Journalist and Green supporter Lenny Antonelli says that the ‘radical’ left is afraid of politics

The minute the Green Party entered government with Fianna Fáil in 2007 it was accused of selling out. Understandably the accusations were loudest from those the Greens had partially shared a platform with in opposing Fianna Fáil and fighting for a progressive alternative: environmentalists, socialists, Labour, even Sinn Féin. The complaint is simple enough: the Green Party had abandoned much of its policy agenda in return for a programme for government that was relatively light on Green policy, they were accused of dispensing with their principles in return for political power.

Personally I am too young to remember, but I would be willing to wager that all small, progressive, idealistic parties that have entered coalition government faced similar accusations. While the big labour and social democratic parties in Europe drifted so far from their core principles that they embraced the deregulation mantra that led to the banking crisis, others – I’ll call them them the protest left – completely avoid engaging with realpolitik. Instead they prefer to stand on the moral high ground shouting down at anyone who engages in compromise, keeping their principles intact, to be sure, but achieving little.
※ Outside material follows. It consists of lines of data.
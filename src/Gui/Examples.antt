-- ===== src/Gui/Examples.antt =====
-- The window of rstr_client/src/gui.rs on concrete events.
use rstr.Prelude.{ℕ, ◌≡◌, refl, List, [], ◌∷◌}
use rstr.Prelude.Text.{Text, ascii, text_eq}
use rstr.Client.Types.{ReceiverFile, ReceiverFileStatus}
use rstr.Gui.Types.{
  ProcessingEvent, update_receiver_files, receiver_directory_changed, metadata_created,
  multiple_metadata_creation_started,
}
use rstr.Gui.Screen.{start, no_metafile}
use rstr.Gui.Window.{shown_receiver_files, process_gui_event}
use rstr.Gui.Screen

abbrev file_in : Text → Text → ReceiverFile
file_in dir name = record {
  name = name;
  dir = dir;
  status = ReceiverFileStatus.not_downloaded;
  remote_path = name;
  local_path = [];
  formatted_size = [];
}

abbrev two_files : List ReceiverFile
two_files = file_in (ascii "x") (ascii "a") ∷ file_in [] (ascii "b") ∷ []

-- A directory that was chosen stays chosen when new files come.
abbrev browsing : List (ProcessingEvent ℕ)
browsing =
    update_receiver_files [] []
    ∷ receiver_directory_changed (ascii "x")
    ∷ update_receiver_files [] two_files
    ∷ []

browsing_test :
    shown_receiver_files (process_gui_event 0 browsing (start ℕ 0))
    ≡ file_in (ascii "x") (ascii "a") ∷ []
unfolding process_gui_event start shown_receiver_files text_eq
browsing_test = refl

-- Two files are made one after the other; after the second one the list is at its end.
making_test :
    (process_gui_event 0
      (multiple_metadata_creation_started (
          record { name = ascii "a"; formatted_size = [] }
          ∷ record { name = ascii "b"; formatted_size = [] }
          ∷ [])
        ∷ metadata_created
        ∷ metadata_created
        ∷ [])
      (start ℕ 0)).creating_metafile
    ≡ no_metafile
unfolding process_gui_event start
making_test = refl
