-- ===== src/Message/Sizes.antt =====
-- The sizes that rstr_core/src/message.rs states for its structs.
use rstr.Prelude.{ℕ, ◌+◌}
use rstr.Binary.Serialization.{static_size, string_size, u32, u64}
use rstr.Message.{RequestChunkData}

unfoldable pub request_meta_size : ℕ
unfolding static_size
request_meta_size = static_size u64

unfoldable pub request_chunk_size : RequestChunkData → ℕ
unfolding static_size string_size
request_chunk_size request = string_size request.path + static_size u64 + static_size u32

unfoldable pub transmit_chunk_header_size : ℕ
transmit_chunk_header_size = 20 + 8 + 4
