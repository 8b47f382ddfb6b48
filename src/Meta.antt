-- ===== src/Meta.antt =====
-- rstr_core/src/meta.rs: the metadata of a file and the index of the files that a peer knows.
pub mod Types
pub mod Index
pub mod Lookup
pub mod Modified
pub mod Paths
pub mod Members
pub mod Received
pub mod History
pub mod Storage
pub mod Reloading
pub mod Hash
pub mod Create
pub mod Slices
pub mod Totals
pub mod Partition
pub mod Instances
pub mod Examples
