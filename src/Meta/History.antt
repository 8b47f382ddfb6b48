-- ===== src/Meta/History.antt =====
-- Sequences of calls on the index of rstr_core/src/meta.rs, as the server and the clients make them.
use rstr.Prelude.{ℕ, List, [], ◌∷◌}
use rstr.Prelude.Text.{Text}
use rstr.Meta.Types.{Meta, MetaIndexEntry, MetaIndex}
use rstr.Meta.Index.{mark_received, change_local, add_for_meta, add_entry, remove}
use rstr.Meta.Received.{IsReceived, IsValid}
use rstr.Meta.Storage.{empty_index}

-- The calls on an index: an entry that is added by hand has received nothing it does not have.
pub data Call : Type 0 where
  marks : Text → ℕ → Call
  moves : Text → Text → Call
  learns : Meta → Call
  adds : (e : MetaIndexEntry) → IsReceived e → Call
  removes : Text → Call

unfoldable pub step : MetaIndex → Call → MetaIndex
step index (marks p i) = (mark_received p i index).1
step index (moves p local_path) = (change_local p local_path index).1
step index (learns meta) = add_for_meta index meta
step index (adds e fine) = add_entry index e
step index (removes p) = remove index p

unfoldable pub run : MetaIndex → List Call → MetaIndex
unfolding step
run index [] = index
run index (c ∷ calls) = run (step index c) calls

pub empty-IsValid : IsValid empty_index
empty-IsValid = record { paths = tt; received = tt }
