-- ===== src/Meta/Partition.antt =====
-- The chunks that `create_for_file` (rstr_core/src/meta.rs) makes are the file, cut into pieces.
use rstr.Prelude.{ℕ, ◌+◌, ◌≡◌, List, ◌++◌, length}
use rstr.Prelude.Text.{Text}
use rstr.Meta.Types.{Meta}
use rstr.Meta.Hash.{Hasher, Floats, Absorbed}
use rstr.Meta.Create.{Hashing}
use rstr.Meta.Slices.{Describes}

module _ (H : Hasher) (F : Floats) where
  -- After the bytes `closed`, which are in chunks, and `rest`, which are not yet.
  record IsHashing (s : Hashing H F) (closed rest : List ℕ) : Type 0 where
    described : Describes H.hash 0 s.chunks closed
    whole : Absorbed H s.file_hash (closed ++ rest)
    part : Absorbed H s.chunk_hash rest
    offset : s.chunk_offset ≡ length closed
    size : s.file_size ≡ length closed + length rest
    pending : s.chunk_size ≡ length rest
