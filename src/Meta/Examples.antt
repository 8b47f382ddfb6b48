-- ===== src/Meta/Examples.antt =====
-- Runs of the index and of the making of metadata (rstr_core/src/meta.rs).
use rstr.Prelude.{false, ap, ℕ, ◌≡◌, refl, true, none, some, List, [], ◌∷◌, arith}
use rstr.Prelude.Int.{ℤ, pos}
use rstr.Prelude.Text.{Text, text_eq}
use rstr.Prelude.Exec.{ok}
use rstr.Meta.Types.{Meta, MetaIndexEntry, MetaIndex}
use rstr.Meta.Index.{find_entry, add_entry, mark_received, receive, change_remote, remove}
use rstr.Meta.Storage.{Disk, load, save, load-save}
use rstr.Meta.Lookup.{find_entry-add_entry, find_entry-mark_received}
use rstr.Meta.Paths.{PathsDiffer, find_entry-remove, change_remote_clash}
use rstr.Meta.Create.{LocalFile}
use rstr.Meta.Instances.{small_bincode, one_entry}

abbrev pub path_a : Text
path_a = 97 ∷ []

abbrev pub path_b : Text
path_b = 98 ∷ []

-- A file of five bytes in two chunks.
abbrev pub meta_of : Text → ℤ → Meta
meta_of path modified = record {
  path = path;
  hash = 15;
  size = 5;
  file_modified = pos 7;
  meta_modified = modified;
  chunks =
      record { hash = 6; offset = 0; size = 3 } ∷ record { hash = 9; offset = 3; size = 2 } ∷ [];
}

abbrev pub entry_at : Text → ℤ → List ℕ → MetaIndexEntry
entry_at path modified received = record {
  local_path = path_b;
  received_chunks = received;
  meta = meta_of path modified;
}

abbrev two_files : MetaIndex
two_files = record { entries = entry_at path_a (pos 3) (0 ∷ []) ∷ entry_at path_b (pos 4) [] ∷ [] }

abbrev good_disk : Disk
good_disk = record { contents = none; can_open = true; can_read = true; can_write = true }

find_entry-add_entry_example :
    find_entry (add_entry two_files (entry_at path_b (pos 9) [])) path_b
    ≡ some (entry_at path_b (pos 9) [])
unfolding text_eq
find_entry-add_entry_example = find_entry-add_entry two_files (entry_at path_b (pos 9) []) path_b

find_entry-mark_received_example :
    ((mark_received path_a 1 two_files).0 ≡ ok tt)
    × (find_entry (mark_received path_a 1 two_files).1 path_a
        ≡ some (receive 1 (entry_at path_a (pos 3) (0 ∷ []))))
unfolding find_entry text_eq
find_entry-mark_received_example =
    find_entry-mark_received two_files path_a path_a 1 (entry_at path_a (pos 3) (0 ∷ [])) refl
      (omega arith)

two_files-PathsDiffer : PathsDiffer two_files.entries
unfolding text_eq
two_files-PathsDiffer = ((refl, tt), (tt, tt))

find_entry-remove_example : find_entry (remove two_files path_a) path_a ≡ none
unfolding text_eq
find_entry-remove_example = find_entry-remove two_files path_a path_a two_files-PathsDiffer

change_remote_clash_example :
    ((change_remote path_a path_b two_files).0 ≡ ok tt)
    × (¬ PathsDiffer (change_remote path_a path_b two_files).1.entries)
unfolding find_entry text_eq
change_remote_clash_example =
    change_remote_clash two_files path_a path_b (entry_at path_a (pos 3) (0 ∷ []))
      (entry_at path_b (pos 4) []) refl refl
      (λ e. let same : false ≡ true = ap (λ p. text_eq p path_b) e in cc)

load-save_example :
    load small_bincode (save small_bincode (one_entry 15 5 7 3 path_a) good_disk).1
    ≡ ok (one_entry 15 5 7 3 path_a)
unfolding save
load-save_example = load-save small_bincode (one_entry 15 5 7 3 path_a) good_disk refl refl refl

abbrev small_file : LocalFile
small_file = record { modified = pos 7; len = 5; buffers = (1 ∷ 2 ∷ 3 ∷ []) ∷ (4 ∷ 5 ∷ []) ∷ [] }
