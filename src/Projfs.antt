-- ===== src/Projfs.antt =====
-- rstr_projfs/src/projfs.rs: the directories of the projected file system, made from the metadata.
pub mod DirMap
pub mod Listed
pub mod Unlinked
pub mod Total
pub mod Examples
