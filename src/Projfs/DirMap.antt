-- ===== src/Projfs/DirMap.antt =====
-- `create_dir_map` of rstr_projfs/src/projfs.rs. The map is an association list, and `none` is a panic.
use rstr.Prelude.{ℕ, Option, none, some, List, [], ◌∷◌, ◌++◌, length, ◌==◌, if◌then◌else◌}
use rstr.Prelude.Int.{to_unsigned}
use rstr.Prelude.Text.{Text, text_eq, split, join, ascii}
use rstr.Meta.Types.{Meta}
use rstr.Client.Paths.{last_piece, all_but_last}

-- What the program sets of the types of the crate windows-projfs; the rest has its default value.
pub record DirectoryInfo : Type 0 where
  pub directory_name : Text

pub record FileInfo : Type 0 where
  pub file_name : Text
  pub file_size : ℕ
  pub file_attributes : ℕ
  pub creation_time : ℕ
  pub last_access_time : ℕ
  pub last_write_time : ℕ

pub record DirNode : Type 0 where
  pub info : DirectoryInfo
  pub files : List FileInfo
  pub dirs : List DirectoryInfo

abbrev pub DirMap : Type 0
DirMap = List (Text × DirNode)

unfoldable pub get : Text → DirMap → Option DirNode
get path [] = none
get path ((key, node) ∷ map) = if text_eq key path then some node else get path map

-- `map.insert(path, node)`
unfoldable pub insert : Text → DirNode → DirMap → DirMap
insert path node [] = (path, node) ∷ []
insert path node ((key, old) ∷ map) =
    if text_eq key path then (key, node) ∷ map else (key, old) ∷ insert path node map

-- The write through `map.get_mut(&path)`.
unfoldable pub change : Text → (DirNode → DirNode) → DirMap → DirMap
change path f [] = []
change path f ((key, node) ∷ map) =
    if text_eq key path then (key, f node) ∷ map else (key, node) ∷ change path f map

abbrev pub empty_node : Text → List FileInfo → DirNode
empty_node directory_name files = record {
  info = record { directory_name = directory_name };
  files = files;
  dirs = [];
}

abbrev pub push_dir : Text → DirNode → DirNode
push_dir directory_name node = record node {
  dirs = node.dirs ++ record { directory_name = directory_name } ∷ [];
}

abbrev pub push_file : FileInfo → DirNode → DirNode
push_file file node = record node { files = node.files ++ file ∷ [] }

unfoldable pub current_path : Text → Text → Text
current_path root_path dir_name =
    root_path ++ ((if length root_path == 1 then [] else ascii "/") ++ dir_name)

unfoldable pub with_dir : Text → Text → DirMap → DirMap
unfolding insert change current_path
with_dir root_path dir_name map =
    insert (current_path root_path dir_name) (empty_node dir_name [])
      (change root_path (push_dir dir_name) map)

-- A directory that is not in the map yet: its parent's node is unwrapped.
unfoldable pub add_dir : Text → Text → DirMap → Option DirMap
unfolding get with_dir
add_dir root_path dir_name map = elim (get root_path map) [
  | none ↦ none
  | some root ↦ some (with_dir root_path dir_name map)
]

-- The loop over the directories of a path; one that is there is skipped by `continue`.
unfoldable pub make_dirs : Text → List Text → DirMap → Option DirMap
unfolding add_dir
make_dirs root_path [] map = some map
make_dirs root_path (dir_name ∷ parts) map = elim (get (current_path root_path dir_name) map) [
  | some node ↦ make_dirs root_path parts map
  | none ↦ elim (add_dir root_path dir_name map) [
    | none ↦ none
    | some grown ↦ make_dirs (current_path root_path dir_name) parts grown
  ]
]

abbrev pub file_info : Meta → FileInfo
file_info e = record {
  file_name = last_piece (split e.path);
  file_size = e.size;
  file_attributes = 0;
  creation_time = to_unsigned 64 e.file_modified;
  last_access_time = to_unsigned 64 e.file_modified;
  last_write_time = to_unsigned 64 e.file_modified;
}

-- The `match` at the end of a round.
unfoldable pub put_file : Text → Text → FileInfo → DirMap → DirMap
unfolding get insert change
put_file path dir_name file map = elim (get path map) [
  | some entry ↦ change path (push_file file) map
  | none ↦ insert path (empty_node dir_name (file ∷ [])) map
]

-- `parts.last().unwrap()`
unfoldable pub last_part : List Text → Option Text
unfolding last_piece
last_part [] = none
last_part (part ∷ parts) = some (last_piece (part ∷ parts))

filed : List Text → FileInfo → DirMap → Option DirMap
unfolding last_part put_file join
filed parts file map = elim (last_part parts) [
  | none ↦ none
  | some dir_name ↦ some (put_file (join parts) dir_name file map)
]

-- A round of the loop over the metadata.
unfoldable pub add_meta : Meta → DirMap → Option DirMap
unfolding make_dirs filed split last_piece all_but_last
add_meta e map = elim (make_dirs [] (all_but_last (split e.path)) map) [
  | none ↦ none
  | some grown ↦ filed (all_but_last (split e.path)) (file_info e) grown
]

unfoldable pub add_all : List Meta → DirMap → Option DirMap
unfolding add_meta
add_all [] map = some map
add_all (e ∷ entries) map = elim (add_meta e map) [
  | none ↦ none
  | some grown ↦ add_all entries grown
]

unfoldable pub create_dir_map : List Meta → Option DirMap
unfolding add_all
create_dir_map meta_entries = add_all meta_entries (([], empty_node [] []) ∷ [])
The fact is that the view that says the Greens betrayed their principles has common currency because it does ring true – after all, overnight the party went from opposing Fianna Fáil on a huge range of issues to supporting them, slavishly following on many. Many who supported the Greens’ vision must have been severely disappointed, even outraged, but to respond in this way is to confuse moralising with politics. Stable coalition government requires parties to largely maintain the same face; to pretend to agree about issues they don’t and to tow the government line. A party with six seats can only ever hope to achieve a limited amount in government and the price for influence on core areas of policy is having to support your partners on a range of issues you’d rather not.

Had the Green Party remained in opposition, it would have achieved nothing. Entering into coalition with Fianna Fáil was always going to result in compromises, some perhaps distasteful, but the more represented the primacy of politics over pontification. Some have argued that the party should make more of an effort to distance itself from its coalition partner, effectively becoming a kind of internal opposition. This is not the ‘middle path’ it may initially sound like. Rather, it is a plan for failure: if the Green Party continually voiced its opposition to Fianna Fáil policies the government would simply collapse.